Investigadores da UC participam em estudo sobre a alimentação de espécie de ave migradora de longo curso ameaçada

O estudo internacional colocou a questão se "os arrozais fornecem energia suficiente para o maçarico-de-bico-direito voar entre Portugal e o Norte da Europa?"

27 março, 2017≈ 4 mins de leitura

© DR | Jacinto Policarpo

Com a alteração dos habitats naturais pela pressão humana, o maçarico-de-bico-direito (Limosa limosa), uma espécie de ave migradora de longo curso ameaçada, foi obrigado a mudar a sua alimentação.

A crescente influência antropogénica registada nos habitats estuarinos está associada à alteração de comportamento desta espécie, que todos os anos voa entre Portugal e o Norte da Europa, nomeadamente a Holanda.

Assim, nas últimas décadas, o maçarico-de-bico-direito passou a alimentar-se nos arrozais do Vale do Tejo. Mas será que esta nova dieta fornece energia suficiente para garantir o voo direto até ao destino final ou, pelo contrário, pode colocar em risco o ciclo migratório destas aves?

se, por ventura, se decidir converter os arrozais em pastagens ou algo similar, por exemplo, metade desta população de aves pode desaparecer

Um estudo, realizado por oito investigadores portugueses e espanhóis, permitiu descobrir que o maçarico-de-bico-direito consegue tirar do arroz a energia necessária para efetuar o voo sem sobressaltos, revelando uma «plasticidade fisiológica e metabólica impressionante. Estas aves conseguem usar o arroz, de forma eficaz, para armazenar gordura. E fazem-no através de várias vias metabólicas diferentes para assegurar a sua migração», revela Miguel Araújo, investigador do MARE (Centro de Ciências do MAR e do Ambiente) da Faculdade de Ciências e Tecnologia da Universidade de Coimbra (FCTUC) e um dos coautores do estudo publicado na prestigiada revista científica Journal of Experimental Biology.
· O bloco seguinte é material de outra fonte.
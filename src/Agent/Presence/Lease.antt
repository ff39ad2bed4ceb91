-- ===== src/Agent/Presence/Lease.antt =====
-- A heartbeat of the desktop agent (services/desktop-agent/src/index.ts) as a lease on the routing of
-- jobs (`resolveTarget` of server/src/jobs/jobs.service.ts).
use pocket_dev.Base.{
  ℕ, ◌+◌, ◌≤◌, ◌<◌, String, ◌≡◌, refl, Bool, true, false, Option, none, some, List, [], ◌∷◌,
  if◌then◌else◌, arith, All, Option-cases, inl, inr,
}
use pocket_dev.Pty.Token.{Payload}
use pocket_dev.Worker.Events.{desktop}
use pocket_dev.Server.Db.{Db, Api, DesktopPresence}
use pocket_dev.Server.Desktop.{find_presence, resolve_target, has_url}
use pocket_dev.Server.Desktop.Routing.{beaten, find-heartbeat}
use pocket_dev.Server.Guard.{can_activate}
use pocket_dev.Agent.Presence.{
  AgentConfig, Request, heartbeat_request, close_request, offline_request, Presence, Event, send,
  arrival, interval, terminated, session_exit, arrived, caller, serve, take_out, step, run,
  launched,
}
use pocket_dev.Agent.Presence.Requests.{
  take_out-All, close-presences, send-All, send-api, arrival-All, serve-caller,
}

module _ (decode : String → Option Payload) (is_url : String → Bool) (config : AgentConfig)
    (user_id url : String) where
  -- The agent is linked to the user, and has a tunnel.
  pub record IsLinked : Type 0 where
    pub owner : caller (can_activate decode false (some config.token)) ≡ some user_id
    pub tunnel : config.tunnel_url ≡ some url
    pub valid : is_url url ≡ true
    pub filled : has_url (some url) ≡ true

  -- What an agent sends that has not been told to stop.
  abbrev pub IsUp : Request → Type 0
  IsUp (heartbeat_request tunnel_url) = tunnel_url ≡ config.tunnel_url
  IsUp (close_request session_id) = Unit
  IsUp offline_request = ⊥

  -- The agent goes on, and what arrives does so from this time on.
  abbrev pub IsAfter : ℕ → Event → Type 0
  IsAfter since terminated = ⊥
  IsAfter since (arrived n now) = since ≤ now
  IsAfter since _ = Unit

  -- The row that a heartbeat at this time, or a later one, leaves.
  abbrev pub IsLeased : ℕ → Option DesktopPresence → Type 0
  IsLeased since none = ⊥
  IsLeased since (some p) =
      (p.online ≡ true) × (since ≤ p.last_heartbeat) × (p.tunnel_url ≡ some url)

  step-IsUp :
      (e : Event) (m : Presence) (since : ℕ)
      → IsAfter since e
      → All IsUp m.on_the_way
      → All IsUp (step decode is_url config e m).on_the_way
  unfolding step
  step-IsUp interval m since a up =
      let beat = send decode is_url config (heartbeat_request config.tunnel_url) m in
      elim m.timer as (λ b. All IsUp (if b then beat else m).on_the_way) [
        | true ↦ send-All decode is_url config IsUp (heartbeat_request config.tunnel_url) m refl up
        | false ↦ up
      ]
  step-IsUp terminated m since a up = elim a [ ]
  step-IsUp (session_exit session_id) m since a up =
      send-All decode is_url config IsUp (close_request session_id) m tt up
  step-IsUp (arrived n now) m since a up = arrival-All decode is_url config IsUp n now m up

  -- The row after the arrival of a heartbeat.
  pub beat-IsLeased :
      (now : ℕ) (a : Api)
      → IsLinked
      → IsLeased now (
          find_presence user_id
            (serve decode is_url config.token now (heartbeat_request config.tunnel_url) a).db)
  beat-IsLeased now a l =
      rw
        (
          serve-caller decode is_url config user_id (heartbeat_request config.tunnel_url) now a
              l.owner,
          l.tunnel,
          l.valid,
        )
        (rw (find-heartbeat user_id (some url) now a.db)
          (elim (find_presence user_id a.db)
            as (λ p. IsLeased now (some (beaten user_id (some url) now p))) [
              | none ↦ (refl, omega arith, refl)
              | some p ↦ (refl, omega arith, refl)
            ]))

  IsLeased-later :
      (now since : ℕ) (p : Option DesktopPresence) → since ≤ now → IsLeased now p → IsLeased since p
  IsLeased-later now since none h leased = leased
  IsLeased-later now since (some p) h leased = (leased.0, omega (arith, leased.1), leased.2)

  -- The row after the arrival of a request.
  serve-IsLeased :
      (r : Request) (now since : ℕ) (a : Api)
      → IsLinked
      → since ≤ now
      → IsUp r
      → IsLeased since (find_presence user_id a.db)
      → IsLeased since (find_presence user_id (serve decode is_url config.token now r a).db)
  serve-IsLeased (heartbeat_request tunnel_url) now since a l h up leased =
      rw up (IsLeased-later now since _ h (beat-IsLeased now a l))
  serve-IsLeased (close_request session_id) now since a l h up leased =
      rw
        (
          serve-caller decode is_url config user_id (close_request session_id) now a l.owner,
          close-presences user_id session_id now a,
        )
        leased
  serve-IsLeased offline_request now since a l h up leased = elim up [ ]

  step-IsLeased :
      (e : Event) (m : Presence) (since : ℕ)
      → IsLinked
      → IsAfter since e
      → All IsUp m.on_the_way
      → IsLeased since (find_presence user_id m.api.db)
      → IsLeased since (find_presence user_id (step decode is_url config e m).api.db)
  unfolding step
  step-IsLeased interval m since l a up leased =
      let beat = send decode is_url config (heartbeat_request config.tunnel_url) m in
      elim m.timer as (λ b. IsLeased since (find_presence user_id (if b then beat else m).api.db)) [
        | true ↦ rw (send-api decode is_url config (heartbeat_request config.tunnel_url) m) leased
        | false ↦ leased
      ]
  step-IsLeased terminated m since l a up leased = elim a [ ]
  step-IsLeased (session_exit session_id) m since l a up leased =
      rw (send-api decode is_url config (close_request session_id) m) leased
  step-IsLeased (arrived n now) m since l a up leased =
      elim (Option-cases (take_out n m.on_the_way)) [
        | inl e ↦ rw e leased
        | inr ((r, rest), e) ↦ rw e (
            serve-IsLeased r now since m.api l a (take_out-All IsUp n m.on_the_way r rest up e).0
              leased)
      ]

  run-IsLeased :
      (es : List Event) (m : Presence) (since : ℕ)
      → IsLinked
      → All (IsAfter since) es
      → All IsUp m.on_the_way
      → IsLeased since (find_presence user_id m.api.db)
      → IsLeased since (find_presence user_id (run decode is_url config es m).api.db)
  unfolding run
  run-IsLeased [] m since l a up leased = leased
  run-IsLeased (e ∷ es) m since l a up leased =
      run-IsLeased es (step decode is_url config e m) since l a.1 (step-IsUp e m since a.0 up)
        (step-IsLeased e m since l a.0 up leased)

  run-IsUp :
      (es : List Event) (m : Presence) (since : ℕ)
      → All (IsAfter since) es
      → All IsUp m.on_the_way
      → All IsUp (run decode is_url config es m).on_the_way
  unfolding run
  run-IsUp [] m since a up = up
  run-IsUp (e ∷ es) m since a up =
      run-IsUp es (step decode is_url config e m) since a.1 (step-IsUp e m since a.0 up)

  pub leased_route :
      (window since later : ℕ) (db : Db)
      → has_url (some url) ≡ true
      → later < since + window
      → IsLeased since (find_presence user_id db)
      → resolve_target (some window) user_id later db
        ≡ record { target = desktop; tunnel_url = some url }
  unfolding resolve_target
  leased_route window since later db filled h leased =
      elim (Option-cases (find_presence user_id db)) [
        | inl e ↦ absurd (rw e at leased)
        | inr (p, e) ↦
            let (on, fresh, tunnel) : IsLeased since (some p) = rw e at leased in
            ground (arith, e, on, fresh, tunnel, filled)
      ]

  -- A heartbeat is a lease. From the moment when one arrives, the user's jobs go to the desktop at its
  -- tunnel for the length of the window, whatever was sent before, whichever requests still arrive and
  -- whichever sessions end, as long as the linked agent is not told to stop.
  pub lease_kept :
      (before es : List Event) (api : Api) (n now later window : ℕ) (rest : List Request)
      → IsLinked
      → All (IsAfter 0) before
      → take_out n (run decode is_url config before (launched decode is_url config api)).on_the_way
        ≡ some (heartbeat_request config.tunnel_url, rest)
      → All (IsAfter now) es
      → later < now + window
      → resolve_target
          (some window)
          user_id
          later
          (run decode is_url config
            (arrived n now ∷ es)
            (run decode is_url config before (launched decode is_url config api))).api.db
        ≡ record { target = desktop; tunnel_url = some url }
  unfolding run step
  lease_kept before es api n now later window rest l up there after h =
      let start = launched decode is_url config api in
      let m = run decode is_url config before start in
      let ours = run-IsUp before start 0 up (
        send-All decode is_url config IsUp (heartbeat_request config.tunnel_url)
          (record { timer = true; on_the_way = []; api = api }) refl tt) in
      let beaten = beat-IsLeased now m.api l in
      leased_route window now later _ l.filled h (
        run-IsLeased es (arrival decode is_url config now (take_out n m.on_the_way) m) now l after
          (arrival-All decode is_url config IsUp n now m ours) (rw there beaten))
A investigação foi realizada com maçaricos-de-bico-direito capturados em campos de arroz do Tejo durante o inverno, altura em que se encontram a preparar a sua migração. Os investigadores dividiram as aves em dois grupos, aplicando-lhes dietas diferentes: uma à base de larvas, tipo de alimentação que encontrariam nos habitats naturais, e outra com arroz.

Alguns dias depois, a equipa que, além do MARE, envolveu investigadores do Centro de Neurociências e Biologia Celular (CNC), do Centro de Ecologia Funcional (CEF), ambos da Universidade de Coimbra, do Centro de Estudos do Ambiente e do Mar (CESAM) da Universidade de Aveiro, e da Universidade de Extremadura (UEX), Espanha, avaliou a capacidade das aves em transformar os grãos de arroz em energia (massa gorda).

Os resultados do estudo evidenciam que o maçarico-de-bico-direito, uma espécie que decresceu 75 por cento nas últimas cinco décadas devido à destruição dos ecossistemas naturais, é «um excelente exemplo de adaptação a um habitat antropogénico. Para garantir a sua sobrevivência, esta espécie ajustou-se com sucesso a um novo tipo de alimentação, conseguindo “combustível” para efetuar o voo sem escalas até ao destino final», simplifica Miguel Araújo.

O estudo chama também a atenção para o facto de ser necessário pensar na conservação destes habitats: «se, por ventura, se decidir converter os arrozais em pastagens ou algo similar, por exemplo, metade desta população de aves pode desaparecer, pois 50% usa os arrozais do Tejo para adquirir o combustível necessário à sua migração», assevera o investigador da FCTUC.